------ Available data
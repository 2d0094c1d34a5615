-- ===== src/Connection/Answers.antt =====
-- How `rpc_connection::start` in include/rest_rpc/rpc_connection.hpp answers a routed request.
use rest_rpc.Base.{ℕ, ◌≡◌, ◌∙◌, ap, true, false, if◌then◌else◌, some}
use rest_rpc.ErrorCode.{ErrorCode, is_error}
use rest_rpc.Protocol.{Host, RestRpcHeader}
use rest_rpc.Router.{RpcRouter, RpcResult, route}
use rest_rpc.Transport.{Transport}
use rest_rpc.Connection.{
  again, ended, Session, set_last_time, close, response, response_bytes, start_route, after_route,
  after_response, after_write,
}
use rest_rpc.Connection.Loop.{set_last_time-eq}

module _ (host : Host) (t : Transport) (App : Type 0) where
  open t use {Net, async_write}

  -- The session that the handler is called in: the thread knows the connection.
  abbrev pub called : Session host t App → Session host t App
  called s = record s { tls = record (s.tls) { conn = some s.connection.conn_id } }

  pub response_written :
      (result : RpcResult) (func_id : ℕ) (s : Session host t App) (w : Net × ErrorCode)
      → async_write (response_bytes host t App s.connection.cross_ending result func_id) s.net ≡ w
      → response host t App result func_id s ≡ after_write host t App (set_last_time host t App s) w
  unfolding response
  response_written result func_id s w e =
      ap (after_write host t App (set_last_time host t App s))
        (rw ((set_last_time-eq host t App s).0, (set_last_time-eq host t App s).1) e)

  module _ (router : RpcRouter (Session host t App)) (header : RestRpcHeader)
      (s s' : Session host t App) (result : RpcResult)
      (routed : route router header.function_id s.connection.body (called s) ≡ (s', result)) where
    -- A handler that has made an `rpc_context` answers later: the loop writes nothing, takes the
    -- flag back and goes on.
    pub start_route_delayed :
        s'.tls.delay ≡ true
        → start_route host t App router header s
          ≡ (record s' { tls = record (s'.tls) { delay = false } }, again)
    unfolding start_route after_route
    start_route_delayed e = ap (after_route host t App) routed ∙ rw e

    module _ (net' : Net) (ec : ErrorCode) (prompt : s'.tls.delay ≡ false)
        (written : async_write
            (response_bytes host t App s'.connection.cross_ending result 0)
            s'.net
          ≡ (net', ec)) where
      answered :
          start_route host t App router header s
          ≡ after_response host t App
              (after_write host t App (set_last_time host t App s') (net', ec))
      unfolding start_route after_route
      answered =
          ap (after_route host t App) routed
          ∙ ap
              (λ delay.
                if delay
                then (record s' { tls = record (s'.tls) { delay = false } }, again)
                else after_response host t App (response host t App result 0 s'))
              prompt
          ∙ ap (after_response host t App) (response_written result 0 s' (net', ec) written)

      -- The handler's result is written as one response frame, and the loop goes on.
      pub start_route_answered :
          is_error ec ≡ false
          → start_route host t App router header s
            ≡ (record (set_last_time host t App s') { net = net' }, again)
      unfolding after_response after_write
      start_route_answered e = answered ∙ rw e

      -- An error in the write of a response ends the coroutine, with the connection closed.
      pub start_route_write_error :
          is_error ec ≡ true
          → start_route host t App router header s
            ≡ (close host t App true (record (set_last_time host t App s') { net = net' }), ended)
      unfolding after_response after_write
      start_route_write_error e = answered ∙ rw e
------------
Try it
Would you restate the entries word for word, omitting none?

Worked solution
repository 2d0094c1d34a5615
-- ===== src/Connection/Answers.antt =====
-- How `rpc_connection::start` in include/rest_rpc/rpc_connection.hpp answers a routed request.
use rest_rpc.Base.{ℕ, ◌≡◌, ◌∙◌, ap, true, false, if◌then◌else◌, some}
use rest_rpc.ErrorCode.{ErrorCode, is_error}
use rest_rpc.Protocol.{Host, RestRpcHeader}
use rest_rpc.Router.{RpcRouter, RpcResult, route}
use rest_rpc.Transport.{Transport}
use rest_rpc.Connection.{
  again, ended, Session, set_last_time, close, response, response_bytes, start_route, after_route,
  after_response, after_write,
}
use rest_rpc.Connection.Loop.{set_last_time-eq}

module _ (host : Host) (t : Transport) (App : Type 0) where
  open t use {Net, async_write}

  -- The session that the handler is called in: the thread knows the connection.
  abbrev pub called : Session host t App → Session host t App
  called s = record s { tls = record (s.tls) { conn = some s.connection.conn_id } }

  pub response_written :
      (result : RpcResult) (func_id : ℕ) (s : Session host t App) (w : Net × ErrorCode)
      → async_write (response_bytes host t App s.connection.cross_ending result func_id) s.net ≡ w
      → response host t App result func_id s ≡ after_write host t App (set_last_time host t App s) w
  unfolding response
  response_written result func_id s w e =
      ap (after_write host t App (set_last_time host t App s))
        (rw ((set_last_time-eq host t App s).0, (set_last_time-eq host t App s).1) e)

  module _ (router : RpcRouter (Session host t App)) (header : RestRpcHeader)
      (s s' : Session host t App) (result : RpcResult)
      (routed : route router header.function_id s.connection.body (called s) ≡ (s', result)) where
    -- A handler that has made an `rpc_context` answers later: the loop writes nothing, takes the
    -- flag back and goes on.
    pub start_route_delayed :
        s'.tls.delay ≡ true
        → start_route host t App router header s
          ≡ (record s' { tls = record (s'.tls) { delay = false } }, again)
    unfolding start_route after_route
    start_route_delayed e = ap (after_route host t App) routed ∙ rw e

    module _ (net' : Net) (ec : ErrorCode) (prompt : s'.tls.delay ≡ false)
        (written : async_write
            (response_bytes host t App s'.connection.cross_ending result 0)
            s'.net
          ≡ (net', ec)) where
      answered :
          start_route host t App router header s
          ≡ after_response host t App
              (after_write host t App (set_last_time host t App s') (net', ec))
      unfolding start_route after_route
      answered =
          ap (after_route host t App) routed
          ∙ ap
              (λ delay.
                if delay
                then (record s' { tls = record (s'.tls) { delay = false } }, again)
                else after_response host t App (response host t App result 0 s'))
              prompt
          ∙ ap (after_response host t App) (response_written result 0 s' (net', ec) written)

      -- The handler's result is written as one response frame, and the loop goes on.
      pub start_route_answered :
          is_error ec ≡ false
          → start_route host t App router header s
            ≡ (record (set_last_time host t App s') { net = net' }, again)
      unfolding after_response after_write
      start_route_answered e = answered ∙ rw e

      -- An error in the write of a response ends the coroutine, with the connection closed.
      pub start_route_write_error :
          is_error ec ≡ true
          → start_route host t App router header s
            ≡ (close host t App true (record (set_last_time host t App s') { net = net' }), ended)
      unfolding after_response after_write
      start_route_write_error e = answered ∙ rw e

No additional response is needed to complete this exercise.